(Saved entries)
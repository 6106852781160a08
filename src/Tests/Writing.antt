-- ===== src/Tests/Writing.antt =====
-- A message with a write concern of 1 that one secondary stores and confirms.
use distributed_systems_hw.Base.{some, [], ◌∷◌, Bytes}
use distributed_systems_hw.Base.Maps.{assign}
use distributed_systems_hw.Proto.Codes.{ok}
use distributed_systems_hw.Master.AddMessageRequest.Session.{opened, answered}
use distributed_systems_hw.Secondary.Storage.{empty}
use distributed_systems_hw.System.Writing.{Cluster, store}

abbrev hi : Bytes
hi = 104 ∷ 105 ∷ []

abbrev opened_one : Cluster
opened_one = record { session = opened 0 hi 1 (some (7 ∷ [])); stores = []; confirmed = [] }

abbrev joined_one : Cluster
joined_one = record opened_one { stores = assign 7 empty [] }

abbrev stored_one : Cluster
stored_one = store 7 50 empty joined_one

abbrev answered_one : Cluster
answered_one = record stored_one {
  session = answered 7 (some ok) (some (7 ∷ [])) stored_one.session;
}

Directions for this task: Please quote the records above exactly, without skipping a line.

Exercise response:
repository 6106852781160a08
filename src/Tests/Writing.antt
-- ===== src/Tests/Writing.antt =====
-- A message with a write concern of 1 that one secondary stores and confirms.
use distributed_systems_hw.Base.{some, [], ◌∷◌, Bytes}
use distributed_systems_hw.Base.Maps.{assign}
use distributed_systems_hw.Proto.Codes.{ok}
use distributed_systems_hw.Master.AddMessageRequest.Session.{opened, answered}
use distributed_systems_hw.Secondary.Storage.{empty}
use distributed_systems_hw.System.Writing.{Cluster, store}

abbrev hi : Bytes
hi = 104 ∷ 105 ∷ []

abbrev opened_one : Cluster
opened_one = record { session = opened 0 hi 1 (some (7 ∷ [])); stores = []; confirmed = [] }

abbrev joined_one : Cluster
joined_one = record opened_one { stores = assign 7 empty [] }

abbrev stored_one : Cluster
stored_one = store 7 50 empty joined_one

abbrev answered_one : Cluster
answered_one = record stored_one {
  session = answered 7 (some ok) (some (7 ∷ [])) stored_one.session;
}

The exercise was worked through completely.